* Exercise goal *
Report every line of the records that includes the word "refl".

* Material to process *

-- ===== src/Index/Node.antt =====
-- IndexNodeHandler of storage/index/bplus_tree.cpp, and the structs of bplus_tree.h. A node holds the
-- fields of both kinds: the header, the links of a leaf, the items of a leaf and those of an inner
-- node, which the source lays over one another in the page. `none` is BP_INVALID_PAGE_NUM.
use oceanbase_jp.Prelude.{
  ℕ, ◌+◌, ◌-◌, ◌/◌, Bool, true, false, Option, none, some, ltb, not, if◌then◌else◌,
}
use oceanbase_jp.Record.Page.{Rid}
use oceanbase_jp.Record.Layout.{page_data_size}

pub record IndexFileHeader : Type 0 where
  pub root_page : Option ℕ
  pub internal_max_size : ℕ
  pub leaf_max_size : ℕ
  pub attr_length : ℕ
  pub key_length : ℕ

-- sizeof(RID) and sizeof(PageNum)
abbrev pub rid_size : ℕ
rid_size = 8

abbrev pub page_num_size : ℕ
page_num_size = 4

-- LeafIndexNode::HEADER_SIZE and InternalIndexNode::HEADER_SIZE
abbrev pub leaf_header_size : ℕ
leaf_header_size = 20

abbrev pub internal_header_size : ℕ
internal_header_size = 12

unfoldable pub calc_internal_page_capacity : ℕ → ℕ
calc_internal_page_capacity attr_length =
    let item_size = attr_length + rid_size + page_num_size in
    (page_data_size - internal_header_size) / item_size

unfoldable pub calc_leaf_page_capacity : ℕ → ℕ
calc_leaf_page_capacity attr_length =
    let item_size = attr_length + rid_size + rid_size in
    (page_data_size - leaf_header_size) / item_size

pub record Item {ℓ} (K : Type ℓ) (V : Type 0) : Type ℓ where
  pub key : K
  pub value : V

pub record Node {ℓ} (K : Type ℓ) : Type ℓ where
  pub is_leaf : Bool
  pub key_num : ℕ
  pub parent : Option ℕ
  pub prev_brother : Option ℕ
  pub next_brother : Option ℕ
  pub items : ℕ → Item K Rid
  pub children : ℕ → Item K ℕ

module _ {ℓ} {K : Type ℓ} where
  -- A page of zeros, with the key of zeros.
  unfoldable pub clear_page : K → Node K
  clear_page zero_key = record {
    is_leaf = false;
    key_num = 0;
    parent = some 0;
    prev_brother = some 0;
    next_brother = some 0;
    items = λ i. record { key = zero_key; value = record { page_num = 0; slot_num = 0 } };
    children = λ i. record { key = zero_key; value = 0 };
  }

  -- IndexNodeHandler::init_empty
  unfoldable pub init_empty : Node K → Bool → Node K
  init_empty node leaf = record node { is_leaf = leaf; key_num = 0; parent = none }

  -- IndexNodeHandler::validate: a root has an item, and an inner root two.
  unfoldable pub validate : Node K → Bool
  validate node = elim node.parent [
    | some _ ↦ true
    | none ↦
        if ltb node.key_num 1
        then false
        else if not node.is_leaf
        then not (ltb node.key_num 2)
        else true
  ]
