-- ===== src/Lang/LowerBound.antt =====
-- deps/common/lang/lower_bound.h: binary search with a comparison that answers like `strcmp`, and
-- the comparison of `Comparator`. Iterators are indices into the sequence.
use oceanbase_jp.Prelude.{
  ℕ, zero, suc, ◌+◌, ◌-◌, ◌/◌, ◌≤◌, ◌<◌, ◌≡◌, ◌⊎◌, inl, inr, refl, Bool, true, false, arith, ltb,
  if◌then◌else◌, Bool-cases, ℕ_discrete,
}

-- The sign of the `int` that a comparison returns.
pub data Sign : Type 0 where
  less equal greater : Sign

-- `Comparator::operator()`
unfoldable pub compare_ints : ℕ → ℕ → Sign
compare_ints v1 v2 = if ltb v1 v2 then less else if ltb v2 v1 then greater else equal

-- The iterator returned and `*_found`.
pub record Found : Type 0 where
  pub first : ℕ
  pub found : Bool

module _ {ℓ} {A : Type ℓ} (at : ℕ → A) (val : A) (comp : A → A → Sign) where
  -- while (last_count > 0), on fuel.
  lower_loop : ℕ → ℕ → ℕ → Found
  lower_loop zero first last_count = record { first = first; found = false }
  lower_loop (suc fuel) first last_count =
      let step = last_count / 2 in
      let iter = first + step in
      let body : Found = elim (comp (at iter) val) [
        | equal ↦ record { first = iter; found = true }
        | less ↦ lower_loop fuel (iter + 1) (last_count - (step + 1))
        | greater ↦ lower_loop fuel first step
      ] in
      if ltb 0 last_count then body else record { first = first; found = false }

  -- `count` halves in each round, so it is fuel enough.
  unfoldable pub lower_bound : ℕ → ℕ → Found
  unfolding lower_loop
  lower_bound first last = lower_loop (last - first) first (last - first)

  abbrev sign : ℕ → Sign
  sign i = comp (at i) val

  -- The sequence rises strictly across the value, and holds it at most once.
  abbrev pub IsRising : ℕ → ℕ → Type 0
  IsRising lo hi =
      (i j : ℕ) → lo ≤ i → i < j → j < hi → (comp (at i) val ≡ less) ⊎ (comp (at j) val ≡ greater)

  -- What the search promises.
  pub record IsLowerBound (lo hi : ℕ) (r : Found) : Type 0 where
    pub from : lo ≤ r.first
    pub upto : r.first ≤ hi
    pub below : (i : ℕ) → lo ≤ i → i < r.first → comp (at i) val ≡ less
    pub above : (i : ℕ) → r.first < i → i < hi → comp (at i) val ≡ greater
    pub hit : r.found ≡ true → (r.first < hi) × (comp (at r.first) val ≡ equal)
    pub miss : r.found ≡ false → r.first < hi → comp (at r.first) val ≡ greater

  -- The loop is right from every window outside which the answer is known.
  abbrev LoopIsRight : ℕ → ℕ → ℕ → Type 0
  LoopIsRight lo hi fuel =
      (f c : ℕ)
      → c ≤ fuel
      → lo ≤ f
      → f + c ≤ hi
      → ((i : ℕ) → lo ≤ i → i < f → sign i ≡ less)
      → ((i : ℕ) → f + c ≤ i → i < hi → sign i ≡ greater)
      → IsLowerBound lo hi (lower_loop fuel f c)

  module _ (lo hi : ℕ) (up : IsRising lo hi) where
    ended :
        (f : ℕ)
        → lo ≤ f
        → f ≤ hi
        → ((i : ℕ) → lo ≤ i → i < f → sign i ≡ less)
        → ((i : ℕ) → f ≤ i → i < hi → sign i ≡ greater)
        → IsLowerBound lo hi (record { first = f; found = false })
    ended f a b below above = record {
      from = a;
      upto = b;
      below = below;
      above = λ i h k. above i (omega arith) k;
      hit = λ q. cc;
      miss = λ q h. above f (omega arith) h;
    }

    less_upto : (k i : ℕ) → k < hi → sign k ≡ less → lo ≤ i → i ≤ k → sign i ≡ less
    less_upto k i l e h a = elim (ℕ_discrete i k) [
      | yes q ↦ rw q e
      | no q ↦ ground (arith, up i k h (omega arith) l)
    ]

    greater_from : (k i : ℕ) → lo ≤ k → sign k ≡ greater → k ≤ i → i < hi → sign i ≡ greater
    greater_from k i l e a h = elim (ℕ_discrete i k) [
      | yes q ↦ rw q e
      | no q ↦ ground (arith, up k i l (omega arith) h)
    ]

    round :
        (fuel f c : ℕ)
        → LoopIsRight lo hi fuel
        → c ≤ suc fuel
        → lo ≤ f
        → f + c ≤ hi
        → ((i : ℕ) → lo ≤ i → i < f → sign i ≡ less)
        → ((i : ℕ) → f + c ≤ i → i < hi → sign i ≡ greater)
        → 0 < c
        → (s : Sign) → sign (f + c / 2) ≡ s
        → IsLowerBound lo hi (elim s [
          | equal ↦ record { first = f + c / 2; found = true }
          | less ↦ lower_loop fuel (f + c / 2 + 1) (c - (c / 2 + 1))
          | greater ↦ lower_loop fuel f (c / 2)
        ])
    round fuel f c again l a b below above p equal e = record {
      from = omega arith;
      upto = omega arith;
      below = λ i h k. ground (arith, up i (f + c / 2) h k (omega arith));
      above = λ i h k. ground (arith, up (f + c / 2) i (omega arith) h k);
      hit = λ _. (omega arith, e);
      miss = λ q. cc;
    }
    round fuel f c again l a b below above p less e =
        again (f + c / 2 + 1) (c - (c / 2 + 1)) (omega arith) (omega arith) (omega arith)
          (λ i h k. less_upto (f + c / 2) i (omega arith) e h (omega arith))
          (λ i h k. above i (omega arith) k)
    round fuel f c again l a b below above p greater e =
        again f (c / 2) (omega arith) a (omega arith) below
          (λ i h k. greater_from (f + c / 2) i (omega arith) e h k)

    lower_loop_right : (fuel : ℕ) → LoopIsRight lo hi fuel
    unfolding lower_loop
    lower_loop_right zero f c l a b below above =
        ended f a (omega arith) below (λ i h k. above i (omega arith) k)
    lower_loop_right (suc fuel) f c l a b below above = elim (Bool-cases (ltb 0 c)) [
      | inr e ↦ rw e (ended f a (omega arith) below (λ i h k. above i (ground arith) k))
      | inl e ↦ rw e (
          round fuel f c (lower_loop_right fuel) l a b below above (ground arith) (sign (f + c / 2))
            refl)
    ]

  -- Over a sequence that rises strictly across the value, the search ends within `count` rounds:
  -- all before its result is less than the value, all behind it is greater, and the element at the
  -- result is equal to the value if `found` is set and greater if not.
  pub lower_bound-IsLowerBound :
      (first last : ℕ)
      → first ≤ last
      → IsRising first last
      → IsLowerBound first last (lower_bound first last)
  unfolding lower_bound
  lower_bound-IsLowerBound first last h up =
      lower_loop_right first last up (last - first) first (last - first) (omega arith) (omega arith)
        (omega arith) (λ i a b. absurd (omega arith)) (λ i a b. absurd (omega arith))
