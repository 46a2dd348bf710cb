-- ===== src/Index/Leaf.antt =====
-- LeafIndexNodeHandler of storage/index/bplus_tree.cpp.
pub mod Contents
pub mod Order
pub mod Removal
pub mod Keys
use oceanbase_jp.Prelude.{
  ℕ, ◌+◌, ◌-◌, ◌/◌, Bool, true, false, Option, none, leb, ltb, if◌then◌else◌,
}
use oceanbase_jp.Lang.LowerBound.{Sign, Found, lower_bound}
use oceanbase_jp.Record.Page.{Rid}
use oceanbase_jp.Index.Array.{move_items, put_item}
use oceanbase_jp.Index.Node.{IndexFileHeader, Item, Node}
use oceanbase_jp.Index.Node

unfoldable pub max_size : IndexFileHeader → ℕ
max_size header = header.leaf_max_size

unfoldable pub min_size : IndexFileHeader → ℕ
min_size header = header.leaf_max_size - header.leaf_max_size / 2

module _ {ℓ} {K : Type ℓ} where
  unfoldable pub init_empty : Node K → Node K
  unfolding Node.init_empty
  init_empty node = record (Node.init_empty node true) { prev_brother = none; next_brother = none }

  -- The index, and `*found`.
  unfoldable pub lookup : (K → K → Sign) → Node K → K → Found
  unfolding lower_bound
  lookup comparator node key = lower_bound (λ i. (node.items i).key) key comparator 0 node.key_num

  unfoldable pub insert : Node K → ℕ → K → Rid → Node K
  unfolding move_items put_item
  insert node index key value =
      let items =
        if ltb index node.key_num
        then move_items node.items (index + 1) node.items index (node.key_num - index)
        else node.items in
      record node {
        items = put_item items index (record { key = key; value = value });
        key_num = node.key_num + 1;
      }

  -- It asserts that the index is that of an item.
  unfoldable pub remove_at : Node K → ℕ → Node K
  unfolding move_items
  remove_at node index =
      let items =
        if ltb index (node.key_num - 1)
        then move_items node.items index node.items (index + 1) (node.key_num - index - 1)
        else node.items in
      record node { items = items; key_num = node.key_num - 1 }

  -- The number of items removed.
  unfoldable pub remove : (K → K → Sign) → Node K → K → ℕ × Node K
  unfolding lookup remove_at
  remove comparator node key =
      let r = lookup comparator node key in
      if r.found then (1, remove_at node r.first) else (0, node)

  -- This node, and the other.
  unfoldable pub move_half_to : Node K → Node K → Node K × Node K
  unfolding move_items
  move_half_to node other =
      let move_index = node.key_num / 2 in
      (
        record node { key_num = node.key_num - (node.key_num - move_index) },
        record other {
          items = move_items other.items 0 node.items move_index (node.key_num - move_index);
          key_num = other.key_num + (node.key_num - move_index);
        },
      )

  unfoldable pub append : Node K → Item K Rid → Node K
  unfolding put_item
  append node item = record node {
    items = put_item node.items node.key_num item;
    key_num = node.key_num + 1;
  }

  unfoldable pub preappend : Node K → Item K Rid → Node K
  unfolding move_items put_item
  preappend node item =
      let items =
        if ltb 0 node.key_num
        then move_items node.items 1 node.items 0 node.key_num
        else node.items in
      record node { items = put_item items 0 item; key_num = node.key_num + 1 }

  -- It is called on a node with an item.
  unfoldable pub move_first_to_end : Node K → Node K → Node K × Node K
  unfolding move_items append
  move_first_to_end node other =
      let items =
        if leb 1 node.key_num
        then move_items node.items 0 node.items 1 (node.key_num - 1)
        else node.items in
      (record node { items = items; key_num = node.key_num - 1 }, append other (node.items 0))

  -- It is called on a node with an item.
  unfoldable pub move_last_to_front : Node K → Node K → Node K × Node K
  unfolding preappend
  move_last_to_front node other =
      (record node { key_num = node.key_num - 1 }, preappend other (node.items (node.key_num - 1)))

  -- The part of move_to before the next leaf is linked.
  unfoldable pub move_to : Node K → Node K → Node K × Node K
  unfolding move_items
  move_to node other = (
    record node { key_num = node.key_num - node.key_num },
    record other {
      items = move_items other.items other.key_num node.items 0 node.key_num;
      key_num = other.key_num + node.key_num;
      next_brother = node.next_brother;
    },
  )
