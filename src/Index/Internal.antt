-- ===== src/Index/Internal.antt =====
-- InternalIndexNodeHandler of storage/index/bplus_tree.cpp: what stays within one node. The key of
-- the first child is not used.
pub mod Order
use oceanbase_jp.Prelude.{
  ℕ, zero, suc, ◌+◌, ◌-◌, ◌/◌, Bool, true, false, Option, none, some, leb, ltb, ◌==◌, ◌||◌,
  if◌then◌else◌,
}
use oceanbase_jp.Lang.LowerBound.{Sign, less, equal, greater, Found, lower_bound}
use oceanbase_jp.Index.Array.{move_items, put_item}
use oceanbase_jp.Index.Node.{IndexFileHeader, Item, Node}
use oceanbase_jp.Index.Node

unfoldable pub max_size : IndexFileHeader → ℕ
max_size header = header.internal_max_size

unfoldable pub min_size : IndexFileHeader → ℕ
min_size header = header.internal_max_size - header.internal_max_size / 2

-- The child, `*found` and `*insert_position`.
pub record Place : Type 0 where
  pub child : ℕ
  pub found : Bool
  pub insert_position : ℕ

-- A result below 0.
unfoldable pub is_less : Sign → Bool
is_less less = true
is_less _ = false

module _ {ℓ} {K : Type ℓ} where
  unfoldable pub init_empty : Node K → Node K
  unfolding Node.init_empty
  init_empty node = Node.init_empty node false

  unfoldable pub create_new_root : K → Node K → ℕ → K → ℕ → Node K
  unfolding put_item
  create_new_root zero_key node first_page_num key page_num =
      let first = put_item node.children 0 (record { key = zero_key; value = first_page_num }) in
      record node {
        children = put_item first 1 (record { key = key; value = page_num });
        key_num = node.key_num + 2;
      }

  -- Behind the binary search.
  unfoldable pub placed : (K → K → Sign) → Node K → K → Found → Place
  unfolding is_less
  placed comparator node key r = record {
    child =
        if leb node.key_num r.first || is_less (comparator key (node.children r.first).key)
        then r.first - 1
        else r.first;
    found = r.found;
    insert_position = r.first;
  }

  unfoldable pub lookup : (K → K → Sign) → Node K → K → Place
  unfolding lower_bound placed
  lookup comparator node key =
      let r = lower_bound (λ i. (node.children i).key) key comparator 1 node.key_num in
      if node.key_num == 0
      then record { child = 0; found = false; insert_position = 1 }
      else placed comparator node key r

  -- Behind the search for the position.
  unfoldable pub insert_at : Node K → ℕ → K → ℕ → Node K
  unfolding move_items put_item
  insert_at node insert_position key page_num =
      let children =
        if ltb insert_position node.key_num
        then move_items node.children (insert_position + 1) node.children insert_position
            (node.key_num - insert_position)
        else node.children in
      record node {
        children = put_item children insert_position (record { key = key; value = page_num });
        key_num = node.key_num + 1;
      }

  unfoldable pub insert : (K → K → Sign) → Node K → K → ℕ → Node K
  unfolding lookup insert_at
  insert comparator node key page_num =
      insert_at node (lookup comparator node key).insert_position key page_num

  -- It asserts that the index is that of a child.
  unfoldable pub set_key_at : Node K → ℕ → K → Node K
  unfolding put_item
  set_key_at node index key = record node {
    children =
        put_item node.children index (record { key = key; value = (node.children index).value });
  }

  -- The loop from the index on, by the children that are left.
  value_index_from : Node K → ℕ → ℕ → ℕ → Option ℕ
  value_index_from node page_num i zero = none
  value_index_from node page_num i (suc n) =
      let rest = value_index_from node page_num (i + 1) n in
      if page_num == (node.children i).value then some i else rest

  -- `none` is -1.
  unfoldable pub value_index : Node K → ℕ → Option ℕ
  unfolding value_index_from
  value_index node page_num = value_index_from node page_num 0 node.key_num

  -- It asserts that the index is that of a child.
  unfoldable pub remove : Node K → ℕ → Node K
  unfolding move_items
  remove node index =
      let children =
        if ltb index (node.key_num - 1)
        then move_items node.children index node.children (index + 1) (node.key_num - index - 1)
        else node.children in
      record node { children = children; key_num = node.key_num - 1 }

* Solution to this exercise *
  ℕ, zero, suc, ◌+◌, ◌-◌, ◌/◌, ◌≤◌, ◌<◌, ◌≡◌, ◌⊎◌, inl, inr, refl, Bool, true, false, arith, ltb,
            refl)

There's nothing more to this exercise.